Someone came up behind me, whistling cheerfully. It was Sitaram.
‘Do you like the tigers?’ he asked.
‘There’s only one here. There are two in the show, aren’t there?’
‘Of course, I helped feed them this morning.’
‘Well, one of them’s gone for a walk. Someone must have unlocked the door. If it’s the same tiger I saw in the cemetery, I think it’s looking for another meal—or maybe just dessert!’
Sitaram ran back into the tent, yelling for the trainer and the ringmaster. And then, of course, there was commotion. For no one had noticed the tiger slipping away. It must have made off through the bamboo grove at the edge of the parade-ground, through the Forest Rangers College (well-w
ooded then), circled the police lines and entered the cemetery. By now it could have been anywhere.

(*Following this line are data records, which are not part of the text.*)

-- ===== src/Apple/Profiles/Restrictions.antt =====
-- The profiles that restrict a device: USB storage, iCloud, OneDrive and Gatekeeper.
use mdm_saa_s.Common.{String, Bool, true, false, none, some, [], ◌∷◌, ◌++◌, if◌then◌else◌}
use mdm_saa_s.Models.{Tenant}
use mdm_saa_s.Database.{Action, pure, new_uuid, ◌>>=◌}
use mdm_saa_s.Apple.Profiles.Values.{text, flag, dict, Entries, dict_of, texts_of}
use mdm_saa_s.Apple.Profiles.Builder.{
  ◌<>◌, payload_head, build_profile_xml, usb_block_profile_identifier,
  icloud_block_profile_identifier, onedrive_kfm_profile_identifier,
}

unfoldable pub build_usb_block_payload : String → Action Entries
build_usb_block_payload tenant_id = do
  uuid ← new_uuid
  pure (
      dict_of (
        payload_head "com.apple.systemuiserver" ("com.mdmsaas.usb.block." <> tenant_id) uuid
          "USB Storage Block"
        ++ ("PayloadDescription", text "Prevents mounting of external USB storage devices")
          ∷ (
            "mount-controls",
            dict (
                dict_of (
                  ("harddisk-external", texts_of ("deny" ∷ "eject" ∷ []))
                  ∷ ("disk-image", texts_of ("deny" ∷ []))
                  ∷ ("dvd", texts_of ("deny" ∷ "eject" ∷ []))
                  ∷ ("bd", texts_of ("deny" ∷ "eject" ∷ []))
                  ∷ ("cd", texts_of ("deny" ∷ "eject" ∷ []))
                  ∷ [])),
          )
          ∷ []))

unfoldable pub build_usb_block_profile : Tenant → Action Entries
unfolding build_usb_block_payload build_profile_xml usb_block_profile_identifier
build_usb_block_profile tenant = do
  legacy ← build_usb_block_payload tenant.id
  uuid ← new_uuid
  build_profile_xml
      (legacy
        ∷ dict_of (
            payload_head "com.apple.security.diskaccess"
              ("com.mdmsaas.usb.diskaccess." <> tenant.id) uuid "USB Disk Access Block"
            ++ ("PayloadDescription", text "Blocks access to external USB storage devices")
              ∷ ("DenyExternalStorage", flag true)
              ∷ [])
        ∷ [])
      (tenant.name <> " — USB Storage Block") "Blocks mounting of external USB storage devices" true
      (some (usb_block_profile_identifier tenant.id))

unfoldable pub build_icloud_block_profile : Tenant → Action Entries
unfolding build_profile_xml icloud_block_profile_identifier
build_icloud_block_profile tenant = do
  uuid ← new_uuid
  build_profile_xml
      (dict_of (
          payload_head "com.apple.applicationaccess" ("com.mdmsaas.icloud.block." <> tenant.id) uuid
            "iCloud Restrictions"
          ++ ("PayloadDescription", text "Disables iCloud services on managed Macs")
            ∷ ("allowCloudDocumentSync", flag false)
            ∷ ("allowCloudPhotoLibrary", flag false)
            ∷ ("allowCloudKeychainSync", flag false)
            ∷ ("allowCloudMail", flag false)
            ∷ ("allowCloudAddressBook", flag false)
            ∷ ("allowCloudCalendar", flag false)
            ∷ ("allowCloudReminders", flag false)
            ∷ ("allowCloudNotes", flag false)
            ∷ ("allowCloudBookmarks", flag false)
            ∷ ("allowManagedAppsCloudSync", flag false)
            ∷ [])
        ∷ [])
      (tenant.name <> " — iCloud Block") "Disables iCloud services — use OneDrive for cloud storage"
      true (some (icloud_block_profile_identifier tenant.id))

unfoldable pub build_onedrive_kfm_profile : Tenant → String → Action Entries
unfolding build_profile_xml onedrive_kfm_profile_identifier
build_onedrive_kfm_profile tenant entra_tenant_id = do
  uuid ← new_uuid
  build_profile_xml
      (dict_of (
          payload_head "com.apple.ManagedClient.preferences"
            ("com.mdmsaas.onedrive.kfm." <> tenant.id) uuid "OneDrive Known Folder Move"
          ++ ("PayloadDescription", text "Redirects Desktop, Documents, Pictures to OneDrive")
            ∷ (
              "PayloadContent",
              dict (
                  dict_of (
                    (
                      "com.microsoft.OneDrive",
                      dict (
                          dict_of (
                            (
                              "Forced",
                              dict (
                                  dict_of (
                                    ("KFMSilentOptIn", text entra_tenant_id)
                                    ∷ ("KFMSilentOptInWithNotification", flag true)
                                    ∷ ("KFMBlockOptOut", flag true)
                                    ∷ ("DisablePersonalSync", flag true)
                                    ∷ ("EnableSSOForApps", flag true)
                                    ∷ ("OpenAtLogin", flag true)
                                    ∷ [])),
                            )
                            ∷ [])),
                    )
                    ∷ [])),
            )
            ∷ [])
        ∷ [])
      (tenant.name <> " — OneDrive KFM") "Redirects Desktop, Documents, and Pictures to OneDrive"
      true (some (onedrive_kfm_profile_identifier tenant.id))

unfoldable pub build_gatekeeper_payload : String → Bool → Action Entries
build_gatekeeper_payload tenant_id allow_identified_developers = do
  uuid ← new_uuid
  pure (
      dict_of (
        payload_head "com.apple.systempolicy.control" ("com.mdmsaas.gatekeeper." <> tenant_id) uuid
          "Gatekeeper Policy"
        ++ ("PayloadDescription", text "Enforces Gatekeeper to block unidentified software")
          ∷ ("EnableAssessment", flag true)
          ∷ ("AllowIdentifiedDevelopers", flag allow_identified_developers)
          ∷ []))

unfoldable pub build_gatekeeper_profile : Tenant → Bool → Action Entries
unfolding build_gatekeeper_payload build_profile_xml
build_gatekeeper_profile tenant allow_identified_developers = do
  payload ← build_gatekeeper_payload tenant.id allow_identified_developers
  let label = if allow_identified_developers then "App Store + Signed Apps" else "App Store Only"
  build_profile_xml (payload ∷ []) (tenant.name <> " — Gatekeeper (" <> label <> ")")
      ("Enforces Gatekeeper policy: " <> label) true none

It was, in fact, walking right down the middle of Dehra’s main road, causing the first hold-up in traffic since Pandit Nehru’s last visit to the town. Mr Nehru would have fancied the notion; he was keen on tigers. But the citizens of Dehra took no chances. They scattered at the noble beast’s approach. The Delhi bus came to a grinding halt, while tonga-ponies, never known to move faster than a brisk trot, broke into a gallop that would have done them proud at the Bangalore Races.
The only creature that failed to move was a large bull (the one that sometimes blocked the approach to my steps) sitting in the middle of the road, forming a traffic island of its own. It did not move for cars, buses, tongas and trucks. Why budge for a mere tiger?
And the tiger, having been fed on butcher’s meat for most of its life, now disdained the living thing (since the bull refused to be stalked) and headed instead for the back entrance to the Indiana’s kitchens.
There was a general exodus from the Indiana. Peter, who had been regaling his friends with tales of his exploits in the Foreign Legion, did not hang around either; he made for the comparative safety of my flat. Larry Gomes stopped in the middle of playing the Anniversary Waltz, and fox-trotted out of the restaurant. The owner of the Indiana rushed into the street and collided with the owner of the Royal Cafe. Both swore at each other in choice Pashtu—they were originally from Peshawar. Swami Aiyar, a Doon School boy with ambitions of being a newspaper correspondent, buttonholed me near my landlady’s shop and asked me if I knew Jim Corbett’s telephone number in Haldwani.
‘But he only shoots man-eaters,’ I protested.
‘Well, they’re saying three people have already been eaten in the bazaar.’
‘Ridiculous. No self-respecting tiger would go for a three-course meal.’